## YOUR ASSIGNMENT
Collect all lines below with the string "Type".

## Stored data
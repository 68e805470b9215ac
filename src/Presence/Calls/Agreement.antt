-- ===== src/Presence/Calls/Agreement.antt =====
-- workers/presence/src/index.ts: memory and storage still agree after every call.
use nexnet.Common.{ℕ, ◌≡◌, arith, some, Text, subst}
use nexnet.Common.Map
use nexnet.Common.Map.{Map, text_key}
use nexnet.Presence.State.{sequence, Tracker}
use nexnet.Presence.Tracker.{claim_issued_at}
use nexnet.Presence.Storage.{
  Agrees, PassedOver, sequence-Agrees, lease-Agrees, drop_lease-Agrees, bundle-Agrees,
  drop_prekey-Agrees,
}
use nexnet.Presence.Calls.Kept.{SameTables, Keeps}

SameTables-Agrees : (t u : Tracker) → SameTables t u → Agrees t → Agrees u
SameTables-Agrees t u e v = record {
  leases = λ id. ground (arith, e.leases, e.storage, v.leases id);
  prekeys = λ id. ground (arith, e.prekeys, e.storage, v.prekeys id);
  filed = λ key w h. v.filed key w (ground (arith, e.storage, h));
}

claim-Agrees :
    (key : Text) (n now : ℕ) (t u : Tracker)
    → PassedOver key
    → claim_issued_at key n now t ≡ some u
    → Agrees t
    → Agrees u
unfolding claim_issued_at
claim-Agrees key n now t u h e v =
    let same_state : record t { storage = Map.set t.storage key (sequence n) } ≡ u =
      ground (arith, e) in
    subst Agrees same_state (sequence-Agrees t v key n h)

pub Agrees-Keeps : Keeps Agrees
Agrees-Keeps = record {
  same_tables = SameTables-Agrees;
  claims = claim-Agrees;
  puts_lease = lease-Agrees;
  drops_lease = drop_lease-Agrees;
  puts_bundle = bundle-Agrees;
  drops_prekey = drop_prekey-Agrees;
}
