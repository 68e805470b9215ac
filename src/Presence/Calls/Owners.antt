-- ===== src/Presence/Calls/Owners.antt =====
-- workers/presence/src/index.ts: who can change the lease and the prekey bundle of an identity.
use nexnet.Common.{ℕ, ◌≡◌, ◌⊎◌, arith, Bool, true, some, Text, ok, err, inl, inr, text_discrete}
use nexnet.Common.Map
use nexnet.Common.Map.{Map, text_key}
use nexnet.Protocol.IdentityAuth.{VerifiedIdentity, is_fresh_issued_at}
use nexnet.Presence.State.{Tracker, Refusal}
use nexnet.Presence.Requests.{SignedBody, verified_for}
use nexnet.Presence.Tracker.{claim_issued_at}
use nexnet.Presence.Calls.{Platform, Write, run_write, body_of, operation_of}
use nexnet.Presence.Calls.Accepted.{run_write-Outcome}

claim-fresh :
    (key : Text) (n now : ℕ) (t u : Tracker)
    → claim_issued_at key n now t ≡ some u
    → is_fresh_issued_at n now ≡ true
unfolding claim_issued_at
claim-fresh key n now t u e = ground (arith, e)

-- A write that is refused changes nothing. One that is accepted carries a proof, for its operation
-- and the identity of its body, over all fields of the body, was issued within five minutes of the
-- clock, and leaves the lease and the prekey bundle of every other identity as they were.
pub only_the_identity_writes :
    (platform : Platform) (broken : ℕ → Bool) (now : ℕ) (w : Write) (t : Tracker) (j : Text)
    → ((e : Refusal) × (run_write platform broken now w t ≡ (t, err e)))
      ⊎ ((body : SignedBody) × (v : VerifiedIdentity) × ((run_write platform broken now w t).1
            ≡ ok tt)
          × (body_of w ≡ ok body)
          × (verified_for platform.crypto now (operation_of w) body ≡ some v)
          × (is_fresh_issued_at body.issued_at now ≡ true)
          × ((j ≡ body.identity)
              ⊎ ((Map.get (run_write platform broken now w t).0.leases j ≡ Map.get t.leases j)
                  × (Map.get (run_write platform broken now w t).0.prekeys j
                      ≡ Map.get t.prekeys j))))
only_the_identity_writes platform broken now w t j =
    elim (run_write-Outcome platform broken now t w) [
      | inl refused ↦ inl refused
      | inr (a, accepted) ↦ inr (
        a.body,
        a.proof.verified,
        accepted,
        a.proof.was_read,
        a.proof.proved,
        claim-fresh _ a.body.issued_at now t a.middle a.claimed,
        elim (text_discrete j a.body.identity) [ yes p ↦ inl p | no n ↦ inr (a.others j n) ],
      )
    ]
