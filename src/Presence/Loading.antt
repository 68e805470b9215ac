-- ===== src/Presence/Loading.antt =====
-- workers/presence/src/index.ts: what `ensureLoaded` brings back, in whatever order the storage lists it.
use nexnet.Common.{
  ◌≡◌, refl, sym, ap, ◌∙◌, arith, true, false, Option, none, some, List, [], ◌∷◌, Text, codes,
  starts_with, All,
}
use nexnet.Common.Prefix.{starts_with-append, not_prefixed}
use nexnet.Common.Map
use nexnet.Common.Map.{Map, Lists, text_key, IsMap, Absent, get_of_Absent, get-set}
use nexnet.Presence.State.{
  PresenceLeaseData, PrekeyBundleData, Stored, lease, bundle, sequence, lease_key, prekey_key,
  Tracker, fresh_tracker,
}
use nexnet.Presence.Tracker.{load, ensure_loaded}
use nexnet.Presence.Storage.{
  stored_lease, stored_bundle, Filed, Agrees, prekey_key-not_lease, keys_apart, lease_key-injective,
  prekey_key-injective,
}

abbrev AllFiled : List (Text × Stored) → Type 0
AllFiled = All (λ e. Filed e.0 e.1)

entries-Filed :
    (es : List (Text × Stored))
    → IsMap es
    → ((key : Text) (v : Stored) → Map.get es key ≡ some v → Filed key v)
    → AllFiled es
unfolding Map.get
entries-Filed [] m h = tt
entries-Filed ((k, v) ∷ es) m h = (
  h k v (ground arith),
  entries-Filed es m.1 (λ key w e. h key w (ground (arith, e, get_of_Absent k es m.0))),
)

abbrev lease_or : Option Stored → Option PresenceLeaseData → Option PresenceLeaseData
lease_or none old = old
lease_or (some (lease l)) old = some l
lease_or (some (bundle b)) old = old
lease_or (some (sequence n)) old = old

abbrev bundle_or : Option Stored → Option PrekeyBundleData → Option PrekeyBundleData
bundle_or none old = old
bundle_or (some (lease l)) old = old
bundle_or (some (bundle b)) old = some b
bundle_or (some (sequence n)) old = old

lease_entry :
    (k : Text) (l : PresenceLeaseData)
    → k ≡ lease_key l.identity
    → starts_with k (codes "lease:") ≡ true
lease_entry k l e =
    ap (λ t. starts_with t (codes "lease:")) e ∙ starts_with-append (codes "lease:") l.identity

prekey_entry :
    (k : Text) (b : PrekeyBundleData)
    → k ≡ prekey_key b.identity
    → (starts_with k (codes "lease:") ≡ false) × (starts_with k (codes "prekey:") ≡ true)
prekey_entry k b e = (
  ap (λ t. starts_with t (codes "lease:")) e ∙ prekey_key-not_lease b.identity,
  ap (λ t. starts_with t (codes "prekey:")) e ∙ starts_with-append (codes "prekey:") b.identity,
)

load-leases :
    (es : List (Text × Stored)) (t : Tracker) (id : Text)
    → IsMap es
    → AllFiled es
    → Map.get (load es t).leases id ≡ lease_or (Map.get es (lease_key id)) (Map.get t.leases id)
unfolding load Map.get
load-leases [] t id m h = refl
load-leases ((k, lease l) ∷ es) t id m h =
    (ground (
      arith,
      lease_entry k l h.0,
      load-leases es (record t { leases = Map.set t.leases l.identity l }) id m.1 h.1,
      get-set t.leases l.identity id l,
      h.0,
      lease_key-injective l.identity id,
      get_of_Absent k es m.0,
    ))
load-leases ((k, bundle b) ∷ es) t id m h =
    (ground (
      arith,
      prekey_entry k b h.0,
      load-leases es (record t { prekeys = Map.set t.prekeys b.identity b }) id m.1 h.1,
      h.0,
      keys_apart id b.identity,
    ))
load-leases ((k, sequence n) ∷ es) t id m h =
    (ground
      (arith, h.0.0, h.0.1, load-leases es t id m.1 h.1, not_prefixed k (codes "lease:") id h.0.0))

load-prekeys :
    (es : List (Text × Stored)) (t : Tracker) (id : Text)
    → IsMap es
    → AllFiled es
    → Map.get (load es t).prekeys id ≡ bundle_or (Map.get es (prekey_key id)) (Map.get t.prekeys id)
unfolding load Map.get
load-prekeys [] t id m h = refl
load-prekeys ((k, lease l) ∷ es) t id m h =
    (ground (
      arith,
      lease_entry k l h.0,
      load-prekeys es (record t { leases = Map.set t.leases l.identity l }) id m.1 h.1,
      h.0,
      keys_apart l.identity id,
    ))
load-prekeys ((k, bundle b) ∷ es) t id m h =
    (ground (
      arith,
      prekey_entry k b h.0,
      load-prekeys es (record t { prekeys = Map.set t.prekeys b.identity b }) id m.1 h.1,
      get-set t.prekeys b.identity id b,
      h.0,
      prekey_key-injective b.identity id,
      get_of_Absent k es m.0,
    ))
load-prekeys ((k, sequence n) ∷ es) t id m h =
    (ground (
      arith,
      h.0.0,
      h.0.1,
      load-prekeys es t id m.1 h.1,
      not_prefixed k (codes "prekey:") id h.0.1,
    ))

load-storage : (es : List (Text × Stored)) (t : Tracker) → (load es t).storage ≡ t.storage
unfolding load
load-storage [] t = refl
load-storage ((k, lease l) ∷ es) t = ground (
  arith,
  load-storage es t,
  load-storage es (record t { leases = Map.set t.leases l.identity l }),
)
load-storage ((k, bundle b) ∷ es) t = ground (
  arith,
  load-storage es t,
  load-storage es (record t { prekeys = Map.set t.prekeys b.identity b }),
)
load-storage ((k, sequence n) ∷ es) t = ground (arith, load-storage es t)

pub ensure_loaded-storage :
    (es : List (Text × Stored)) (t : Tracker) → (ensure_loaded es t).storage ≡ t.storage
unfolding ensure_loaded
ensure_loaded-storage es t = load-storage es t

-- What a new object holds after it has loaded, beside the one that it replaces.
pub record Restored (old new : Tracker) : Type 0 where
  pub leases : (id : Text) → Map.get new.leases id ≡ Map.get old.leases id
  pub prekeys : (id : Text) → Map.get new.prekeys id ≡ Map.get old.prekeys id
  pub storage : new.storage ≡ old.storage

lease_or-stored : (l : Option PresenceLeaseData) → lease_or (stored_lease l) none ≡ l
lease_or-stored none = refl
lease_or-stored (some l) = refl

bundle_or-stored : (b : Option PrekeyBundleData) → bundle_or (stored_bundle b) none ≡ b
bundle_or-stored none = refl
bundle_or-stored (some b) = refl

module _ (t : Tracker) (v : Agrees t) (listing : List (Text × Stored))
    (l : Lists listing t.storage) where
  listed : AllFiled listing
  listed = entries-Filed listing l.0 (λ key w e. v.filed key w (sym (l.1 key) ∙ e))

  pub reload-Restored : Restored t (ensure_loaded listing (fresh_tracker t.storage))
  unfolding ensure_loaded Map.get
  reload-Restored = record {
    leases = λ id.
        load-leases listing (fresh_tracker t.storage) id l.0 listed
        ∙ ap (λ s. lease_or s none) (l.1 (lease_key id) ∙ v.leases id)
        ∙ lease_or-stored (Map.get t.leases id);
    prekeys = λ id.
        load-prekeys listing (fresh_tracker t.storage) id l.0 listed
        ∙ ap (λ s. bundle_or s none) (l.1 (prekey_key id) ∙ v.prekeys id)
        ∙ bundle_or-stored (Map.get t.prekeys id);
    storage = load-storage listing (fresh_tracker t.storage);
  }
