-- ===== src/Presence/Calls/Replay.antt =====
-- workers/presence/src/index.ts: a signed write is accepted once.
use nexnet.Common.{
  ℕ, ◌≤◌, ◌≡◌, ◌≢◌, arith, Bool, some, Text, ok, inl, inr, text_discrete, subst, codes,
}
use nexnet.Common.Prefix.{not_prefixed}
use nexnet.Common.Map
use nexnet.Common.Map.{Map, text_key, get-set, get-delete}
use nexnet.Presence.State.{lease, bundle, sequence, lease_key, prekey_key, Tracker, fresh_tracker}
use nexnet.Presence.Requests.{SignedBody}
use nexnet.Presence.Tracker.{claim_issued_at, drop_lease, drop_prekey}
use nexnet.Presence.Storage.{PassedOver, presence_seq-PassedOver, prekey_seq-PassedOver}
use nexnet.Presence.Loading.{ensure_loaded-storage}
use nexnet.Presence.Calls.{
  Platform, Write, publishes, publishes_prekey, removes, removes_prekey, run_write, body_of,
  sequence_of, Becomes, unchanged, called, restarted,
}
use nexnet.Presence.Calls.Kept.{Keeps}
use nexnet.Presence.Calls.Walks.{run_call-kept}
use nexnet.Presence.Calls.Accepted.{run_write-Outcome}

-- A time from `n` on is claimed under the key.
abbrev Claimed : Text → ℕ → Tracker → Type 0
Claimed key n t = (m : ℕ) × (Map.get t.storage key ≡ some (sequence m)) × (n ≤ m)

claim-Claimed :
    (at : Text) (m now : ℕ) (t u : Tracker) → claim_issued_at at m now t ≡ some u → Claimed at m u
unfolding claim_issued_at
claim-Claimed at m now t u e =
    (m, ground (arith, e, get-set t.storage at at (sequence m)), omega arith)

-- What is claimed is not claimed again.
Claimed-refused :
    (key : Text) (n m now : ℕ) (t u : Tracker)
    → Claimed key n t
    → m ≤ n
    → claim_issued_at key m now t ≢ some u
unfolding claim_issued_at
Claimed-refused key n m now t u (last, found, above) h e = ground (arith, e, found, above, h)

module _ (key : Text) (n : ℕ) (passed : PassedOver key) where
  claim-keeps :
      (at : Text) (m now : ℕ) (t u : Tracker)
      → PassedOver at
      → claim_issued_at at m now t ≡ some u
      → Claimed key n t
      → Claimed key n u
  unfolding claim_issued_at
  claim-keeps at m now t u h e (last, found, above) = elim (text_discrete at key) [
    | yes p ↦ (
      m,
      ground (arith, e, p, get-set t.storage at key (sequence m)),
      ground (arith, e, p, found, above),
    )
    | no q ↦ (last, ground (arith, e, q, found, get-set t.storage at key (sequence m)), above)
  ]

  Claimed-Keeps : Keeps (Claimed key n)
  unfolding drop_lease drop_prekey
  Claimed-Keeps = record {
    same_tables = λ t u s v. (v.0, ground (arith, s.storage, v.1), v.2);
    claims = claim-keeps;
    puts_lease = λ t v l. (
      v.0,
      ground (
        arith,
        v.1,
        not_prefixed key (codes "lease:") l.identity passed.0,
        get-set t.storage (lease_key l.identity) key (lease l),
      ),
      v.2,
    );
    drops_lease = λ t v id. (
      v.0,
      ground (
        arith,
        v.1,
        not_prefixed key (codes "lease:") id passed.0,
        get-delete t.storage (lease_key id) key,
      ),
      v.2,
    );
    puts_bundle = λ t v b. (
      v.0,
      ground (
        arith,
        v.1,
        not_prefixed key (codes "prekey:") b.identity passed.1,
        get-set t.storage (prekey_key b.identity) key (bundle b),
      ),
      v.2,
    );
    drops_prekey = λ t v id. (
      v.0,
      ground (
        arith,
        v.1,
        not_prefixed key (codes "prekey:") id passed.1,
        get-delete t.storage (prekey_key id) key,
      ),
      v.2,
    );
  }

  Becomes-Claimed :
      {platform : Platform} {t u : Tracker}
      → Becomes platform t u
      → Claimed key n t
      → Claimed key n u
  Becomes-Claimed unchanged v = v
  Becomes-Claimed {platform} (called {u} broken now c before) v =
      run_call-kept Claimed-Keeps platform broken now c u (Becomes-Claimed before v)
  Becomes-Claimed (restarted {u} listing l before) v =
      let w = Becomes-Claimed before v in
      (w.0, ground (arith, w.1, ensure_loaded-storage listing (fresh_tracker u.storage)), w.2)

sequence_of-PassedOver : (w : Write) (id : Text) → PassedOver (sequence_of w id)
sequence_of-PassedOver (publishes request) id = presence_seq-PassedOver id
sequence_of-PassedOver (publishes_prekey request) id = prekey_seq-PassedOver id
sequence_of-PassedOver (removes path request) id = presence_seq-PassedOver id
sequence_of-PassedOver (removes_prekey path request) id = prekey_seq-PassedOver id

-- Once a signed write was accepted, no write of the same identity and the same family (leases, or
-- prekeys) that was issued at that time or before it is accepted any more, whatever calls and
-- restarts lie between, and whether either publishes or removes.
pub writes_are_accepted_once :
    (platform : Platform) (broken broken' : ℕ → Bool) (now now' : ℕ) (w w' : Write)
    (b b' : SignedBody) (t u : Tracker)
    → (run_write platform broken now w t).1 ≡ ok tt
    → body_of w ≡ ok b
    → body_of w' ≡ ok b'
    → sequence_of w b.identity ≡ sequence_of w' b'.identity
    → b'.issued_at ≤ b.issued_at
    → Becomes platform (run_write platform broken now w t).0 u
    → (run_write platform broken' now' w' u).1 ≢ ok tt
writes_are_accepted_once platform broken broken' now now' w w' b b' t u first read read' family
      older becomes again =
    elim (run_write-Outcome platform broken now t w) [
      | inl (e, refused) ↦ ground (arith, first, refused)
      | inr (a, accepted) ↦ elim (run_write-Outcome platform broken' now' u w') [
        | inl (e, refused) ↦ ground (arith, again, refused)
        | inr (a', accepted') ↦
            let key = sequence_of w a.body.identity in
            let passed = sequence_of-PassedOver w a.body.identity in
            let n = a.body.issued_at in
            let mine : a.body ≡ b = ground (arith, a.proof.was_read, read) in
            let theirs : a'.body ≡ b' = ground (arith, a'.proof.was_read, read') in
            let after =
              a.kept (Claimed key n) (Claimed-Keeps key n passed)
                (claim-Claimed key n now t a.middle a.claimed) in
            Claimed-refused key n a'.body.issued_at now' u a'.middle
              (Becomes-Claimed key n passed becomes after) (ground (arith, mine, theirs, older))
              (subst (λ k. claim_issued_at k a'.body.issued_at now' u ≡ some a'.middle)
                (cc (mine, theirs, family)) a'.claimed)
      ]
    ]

## EXERCISE ANSWER
abbrev AllFiled : List (Text × Stored) → Type 0
pub record Restored (old new : Tracker) : Type 0 where
abbrev Claimed : Text → ℕ → Tracker → Type 0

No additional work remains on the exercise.